== The task ==
Which of the lines in the data below contain the string "append"? Copy each of them.

[Dataset — start]

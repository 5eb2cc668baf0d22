-- ===== src/StorageProvider/Download/Stored.antt =====
-- Whether what was uploaded is served.
use archoncloud_go.Base.{
  ℕ, ◌<◌, ◌≡◌, ◌≢◌, refl, sym, ap, ◌∙◌, List, [], ◌∷◌, ◌++◌, length, length-append, lt→ltb, ◌==◌,
  bytes_eq, ne→bytes_eq, ◌||◌, Bool-cases, false, ◌⊎◌, inl, inr, All, Result, ok, err,
  file_does_not_exist, arith,
}
use archoncloud_go.Base.Int.{ℤ, pos}
use archoncloud_go.Common.Bytes.{Bytes}
use archoncloud_go.Common.Profiles.{split}
use archoncloud_go.Common.ArchonUrl.{
  ArchonUrl, decimal, dot, slash, is_hash, is_whole_file, shard_path,
}
use archoncloud_go.Common.ArchonUrl.Parse.{new_archon_url}
use archoncloud_go.Common.ArchonUrl.Paths.{atoi-decimal, length-decimal}
use archoncloud_go.StorageProvider.Files.{write_file}
use archoncloud_go.StorageProvider.Paths.{
  access_folder, accessed_path, get_shards_folder, get_hashes_folder, in_shards_folder,
  in_hashes_folder, stored_file_path, priv_restricted_group, public,
}
use archoncloud_go.StorageProvider.Pending.{Verifier}
use archoncloud_go.StorageProvider.Download.{
  served_path, find_file, shard_index_of, download_handler,
}

-- A relative path with nothing in it that `filepath.Clean` would take out.
abbrev pub IsName : Bytes → Type 0
IsName c = (bytes_eq c [] || bytes_eq c (dot ∷ []) || bytes_eq c (dot ∷ dot ∷ [])) ≡ false

abbrev pub IsPlain : Bytes → Type 0
IsPlain p = All IsName (split slash p)

abbrev pub IsFolder : Bytes → Type 0
IsFolder p = IsPlain p ⊎ ((rest : Bytes) × (p ≡ slash ∷ rest) × IsPlain rest)

-- What is assumed of `filepath.Join`, on a system with "/": plain paths are put together with "/".
pub record IsJoin (join : List Bytes → Bytes) : Type 0 where
  pub joins : (a b : Bytes) → IsFolder a → IsPlain b → join (a ∷ b ∷ []) ≡ a ++ (slash ∷ b)

access_folder-IsPlain :
    (join : List Bytes → Bytes) (root_folder : Bytes) (acl : ℕ) (p : Bytes)
    → IsPlain p
    → IsPlain (access_folder join root_folder acl)
      × IsPlain (access_folder join root_folder acl ++ (slash ∷ p))
unfolding split
access_folder-IsPlain join root_folder acl p h = elim (Bool-cases (acl == priv_restricted_group)) [
  | inl e ↦ rw e ((refl, tt), (refl, h))
  | inr e ↦ elim (Bool-cases (acl == public)) [
    | inl k ↦ rw (e, k) ((refl, tt), (refl, h))
    | inr k ↦ rw (e, k) ((refl, tt), (refl, h))
  ]
]

module _ (parse : Bytes → Result (Bytes × Bytes)) (base58_decode : Bytes → Bytes)
    (join : List Bytes → Bytes) (is_join : IsJoin join) (root_folder : Bytes) where
  -- One folder deeper is another path.
  deeper :
      (folder p : Bytes) (acl : ℕ)
      → IsFolder folder
      → IsPlain p
      → join (folder ∷ p ∷ []) ≢ join (folder ∷ accessed_path join root_folder acl p ∷ [])
  unfolding accessed_path
  deeper folder p acl f h e =
      let (plain, longer) = access_folder-IsPlain join root_folder acl p h in
      let a = access_folder join root_folder acl in
      let inner = is_join.joins a p (inl plain) h in
      let outer : join (folder ∷ join (a ∷ p ∷ []) ∷ []) ≡ folder ++ (slash ∷ (a ++ (slash ∷ p))) =
        rw inner (is_join.joins folder (a ++ (slash ∷ p)) f longer) in
      let same = ap (λ (x : Bytes). length x) (sym (is_join.joins folder p f h) ∙ e ∙ outer) in
      absurd (
        omega (
          arith,
          same,
          length-append folder (slash ∷ p),
          length-append folder (slash ∷ (a ++ (slash ∷ p))),
          length-append a (slash ∷ p),
        ))

  served-other :
      (u : ArchonUrl) (acl : ℕ) (i : ℤ)
      → IsFolder (get_shards_folder join root_folder)
      → IsFolder (get_hashes_folder join root_folder)
      → IsPlain (shard_path u i)
      → served_path parse base58_decode join root_folder u i
        ≢ stored_file_path join root_folder u acl i
  unfolding served_path stored_file_path in_shards_folder in_hashes_folder
  served-other u acl i shards hashes plain = elim (Bool-cases (is_hash u)) [
    | inl h ↦ rw h (deeper (get_hashes_folder join root_folder) (shard_path u i) acl hashes plain)
    | inr h ↦ rw h (deeper (get_shards_folder join root_folder) (shard_path u i) acl shards plain)
  ]

  -- If the folders are plain paths, and so is the path of a shard of a sharded file, then a provider
  -- that has stored this shard, as an upload stores it, and nothing else answers a download request for
  -- it that the file does not exist: it looks for it outside the folder of the access level.
  pub download_handler-misses :
      (url_text client content : Bytes) (u : ArchonUrl) (acl i : ℕ) (v : Verifier)
      → IsFolder (get_shards_folder join root_folder)
      → IsFolder (get_hashes_folder join root_folder)
      → IsPlain (shard_path u (pos i))
      → new_archon_url parse base58_decode url_text ≡ ok u
      → is_whole_file u ≡ false
      → i < 128
      → v.files ≡ write_file (stored_file_path join root_folder u acl (pos i)) content []
      → download_handler parse base58_decode join root_folder url_text (decimal (pos i)) client v
        ≡ (err file_does_not_exist, v)
  unfolding download_handler find_file shard_index_of
  download_handler-misses url_text client content u acl i v shards hashes plain parsed sharded lt
        stored =
      let other =
        ne→bytes_eq (stored_file_path join root_folder u acl (pos i))
          (served_path parse base58_decode join root_folder u (pos i))
          (λ e. served-other u acl (pos i) shards hashes plain (sym e)) in
      let some_digit = ne→bytes_eq (decimal (pos i)) [] (λ e. absurd (
        let l = length-decimal i in
        let z = ap (λ (x : Bytes). length x) e in omega (arith, l, z))) in
      rw (parsed, sharded, some_digit, atoi-decimal i (omega arith), lt→ltb i 128 lt, stored, other)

[Dataset — finish]

== Result for this exercise ==
  ℕ, ◌<◌, ◌≡◌, ◌≢◌, refl, sym, ap, ◌∙◌, List, [], ◌∷◌, ◌++◌, length, length-append, lt→ltb, ◌==◌,
          length-append folder (slash ∷ p),
          length-append folder (slash ∷ (a ++ (slash ∷ p))),
          length-append a (slash ∷ p),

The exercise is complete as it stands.